• MATERIALS PROVIDED:
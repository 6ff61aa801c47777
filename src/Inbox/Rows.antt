-- ===== src/Inbox/Rows.antt =====
-- What the writes of the notifications do to a row and to the number of unread ones.
-- Code: apps/api/src/modules/notifications/infrastructure/repositories/prisma-notification.repository.ts
use elonew.Base.{
  ℕ, String, Bool, true, false, List, [], ◌∷◌, some, find, any, All, All-map, inl, inr, ◌≡◌, ◌≢◌,
  refl, sym, ap, ◌∙◌, arith, eq_iff, Bool-cases,
}
use elonew.Inbox.Store.{
  Notification, MarkReadInput, is_own, is_expected, has_id, has_key, is_unread_of, count_unread,
  update_where, upsert_rows, upserted_row,
}

-- No two notifications have the same id.
unfoldable pub Distinct : List Notification → Type 0
Distinct [] = Unit
Distinct (n ∷ ns) = All (λ m. m.id ≢ n.id) ns × Distinct ns

-- All rows of the id are those of one user.
abbrev pub OwnedBy : String → String → List Notification → Type 0
OwnedBy id user ns = All (λ n. n.id ≡ id → n.recipient_id ≡ user) ns

-- A write that changes no row of a user leaves the user's unread count.
pub count_unread-update_where :
    (j : String) (p : Notification → Bool) (f : Notification → Notification)
    (ns : List Notification)
    → All (λ n. p n ≡ true → is_unread_of j (f n) ≡ is_unread_of j n) ns
    → count_unread j (update_where p f ns) ≡ count_unread j ns
unfolding count_unread update_where
count_unread-update_where j p f [] same_unread = refl
count_unread-update_where j p f (n ∷ ns) same_unread = elim (Bool-cases (p n)) [
  | inl hit ↦ rw (hit, same_unread.0 hit, count_unread-update_where j p f ns same_unread.1) refl
  | inr miss ↦ rw (miss, count_unread-update_where j p f ns same_unread.1) refl
]

pub update_where-All :
    (P : Notification → Type 0) (p : Notification → Bool) (f : Notification → Notification)
    (ns : List Notification)
    → ((n : Notification) → P n → P (f n))
    → All P ns
    → All P (update_where p f ns)
unfolding update_where
update_where-All P p f [] keeps all = tt
update_where-All P p f (n ∷ ns) keeps all = elim (Bool-cases (p n)) [
  | inl hit ↦ rw hit (keeps n all.0, update_where-All P p f ns keeps all.1)
  | inr miss ↦ rw miss (all.0, update_where-All P p f ns keeps all.1)
]

pub update_where-Distinct :
    (p : Notification → Bool) (f : Notification → Notification) (ns : List Notification)
    → ((n : Notification) → (f n).id ≡ n.id)
    → Distinct ns
    → Distinct (update_where p f ns)
unfolding Distinct update_where
update_where-Distinct p f [] keeps h = tt
update_where-Distinct p f (n ∷ ns) keeps h = elim (Bool-cases (p n)) [
  | inl hit ↦
      rw (hit, keeps n)
        (
          update_where-All (λ m. m.id ≢ n.id) p f ns (λ m ne. rw keeps ne) h.0,
          update_where-Distinct p f ns keeps h.1,
        )
  | inr miss ↦ rw miss (
    update_where-All (λ m. m.id ≢ n.id) p f ns (λ m ne. rw keeps ne) h.0,
    update_where-Distinct p f ns keeps h.1,
  )
]

upsert_rows-All :
    (id : String) (fresh : Notification) (ns : List Notification)
    → fresh.id ≢ id
    → All (λ m. m.id ≢ id) ns
    → All (λ m. m.id ≢ id) (upsert_rows fresh ns)
unfolding upsert_rows
upsert_rows-All id fresh [] new all = (new, tt)
upsert_rows-All id fresh (n ∷ ns) new all = elim (Bool-cases (has_key fresh n)) [
  | inl hit ↦ rw hit all
  | inr miss ↦ rw miss (all.0, upsert_rows-All id fresh ns new all.1)
]

pub upsert_rows-Distinct :
    (fresh : Notification) (ns : List Notification)
    → All (λ m. m.id ≢ fresh.id) ns
    → Distinct ns
    → Distinct (upsert_rows fresh ns)
unfolding Distinct upsert_rows
upsert_rows-Distinct fresh [] new h = (tt, tt)
upsert_rows-Distinct fresh (n ∷ ns) new h = elim (Bool-cases (has_key fresh n)) [
  | inl hit ↦ rw hit h
  | inr miss ↦ rw miss (
    upsert_rows-All n.id fresh ns (λ e. new.0 (sym e)) h.0,
    upsert_rows-Distinct fresh ns new.1 h.1,
  )
]

pub count_unread-upsert :
    (j : String) (fresh : Notification) (ns : List Notification)
    → fresh.recipient_id ≢ j
    → count_unread j (upsert_rows fresh ns) ≡ count_unread j ns
unfolding count_unread upsert_rows is_unread_of
count_unread-upsert j fresh [] other = ground (arith, eq_iff fresh.recipient_id j)
count_unread-upsert j fresh (n ∷ ns) other = ground (
  arith,
  eq_iff fresh.recipient_id j,
  eq_iff n.recipient_id fresh.recipient_id,
  count_unread-upsert j fresh ns,
)

pub upserted_row-recipient :
    (fresh : Notification) (ns : List Notification)
    → (upserted_row fresh ns).recipient_id ≡ fresh.recipient_id
unfolding upserted_row
upserted_row-recipient fresh [] = refl
upserted_row-recipient fresh (n ∷ ns) =
    ground (arith, eq_iff n.recipient_id fresh.recipient_id, upserted_row-recipient fresh ns)

pub absent :
    (i : MarkReadInput) (ns : List Notification)
    → All (λ m. m.id ≢ i.notification_id) ns
    → any (is_own i) ns ≡ false
absent i [] all = refl
absent i (n ∷ ns) all = ground (arith, eq_iff n.id i.notification_id, absent i ns)

-- Ids do not occur twice, so the user who owns a row of an id owns all.
pub any_own-OwnedBy :
    (i : MarkReadInput) (ns : List Notification)
    → Distinct ns
    → any (is_own i) ns ≡ true
    → OwnedBy i.notification_id i.recipient_id ns
unfolding Distinct
any_own-OwnedBy i [] h own = tt
any_own-OwnedBy i (n ∷ ns) h own = elim (Bool-cases (is_own i n)) [
  | inl at ↦ (
    λ e. ground (arith, eq_iff n.recipient_id i.recipient_id),
    All-map (λ m ne e. absurd (ne (e ∙ sym (ground (arith, eq_iff n.id i.notification_id))))) ns
        h.0,
  )
  | inr other ↦
      (let rest : any (is_own i) ns ≡ true = rw other at own in
        (λ e. absurd (cc (rest, absent i ns (rw e at h.0))), any_own-OwnedBy i ns h.1 rest))
]

pub find-any :
    (p : Notification → Bool) (ns : List Notification) {n : Notification}
    → find p ns ≡ some n
    → (p n ≡ true) × (any p ns ≡ true)
find-any p [] found = cc found
find-any p (m ∷ ns) {n} found = elim (Bool-cases (p m)) [
  | inl hit ↦ (let e : m ≡ n = ground arith in (rw (← e) hit, ground arith))
  | inr miss ↦ (let rest = find-any p ns {n = n} (ground arith) in (rest.0, rw miss rest.1))
]

pub find-OwnedBy :
    (id user : String) (ns : List Notification) {m : Notification}
    → OwnedBy id user ns
    → find (has_id id) ns ≡ some m
    → m.recipient_id ≡ user
find-OwnedBy id user [] owned found = cc found
find-OwnedBy id user (n ∷ ns) {m} owned found = elim (Bool-cases (has_id id n)) [
  | inl hit ↦
      let e : n ≡ m = ground arith in
      sym (ap (λ (x : Notification). x.recipient_id) e) ∙ owned.0 ((eq_iff n.id id).0 hit)
  | inr miss ↦ find-OwnedBy id user ns {m = m} owned.1 (ground arith)
]

-- A row of the id is there after a write that keeps the ids.
pub find-update_where :
    (id : String) (p : Notification → Bool) (f : Notification → Notification)
    (ns : List Notification)
    → ((n : Notification) → (f n).id ≡ n.id)
    → any (has_id id) ns ≡ true
    → (m : Notification) × (find (has_id id) (update_where p f ns) ≡ some m)
unfolding update_where
find-update_where id p f [] keeps h = cc h
find-update_where id p f (n ∷ ns) keeps h = elim (Bool-cases (has_id id n)) [
  | inl hit ↦ elim (Bool-cases (p n)) [
    | inl yes_p ↦ (f n, rw (yes_p, keeps n, hit) refl)
    | inr no_p ↦ (n, rw (no_p, hit) refl)
  ]
  | inr miss ↦
      let (m, found) = find-update_where id p f ns keeps (rw miss at h) in
      (
        m,
        elim (Bool-cases (p n)) [
          | inl yes_p ↦ rw (yes_p, keeps n, miss) found
          | inr no_p ↦ rw (no_p, miss) found
        ],
      )
]

pub any_own-any_id :
    (i : MarkReadInput) (ns : List Notification)
    → any (is_own i) ns ≡ true
    → any (has_id i.notification_id) ns ≡ true
any_own-any_id i [] h = cc h
any_own-any_id i (n ∷ ns) h = ground (arith, any_own-any_id i ns)

pub any_expected-any_own :
    (i : MarkReadInput) (at : ℕ) (ns : List Notification)
    → any (is_expected i at) ns ≡ true
    → any (is_own i) ns ≡ true
any_expected-any_own i at [] h = cc h
any_expected-any_own i at (n ∷ ns) h = ground (arith, any_expected-any_own i at ns)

• YOUR INSTRUCTIONS: Wherever the string "antt" appears in the entries above, return the line it appears on.

• RESPONSE BELOW:
filename src/Inbox/Rows.antt
-- ===== src/Inbox/Rows.antt =====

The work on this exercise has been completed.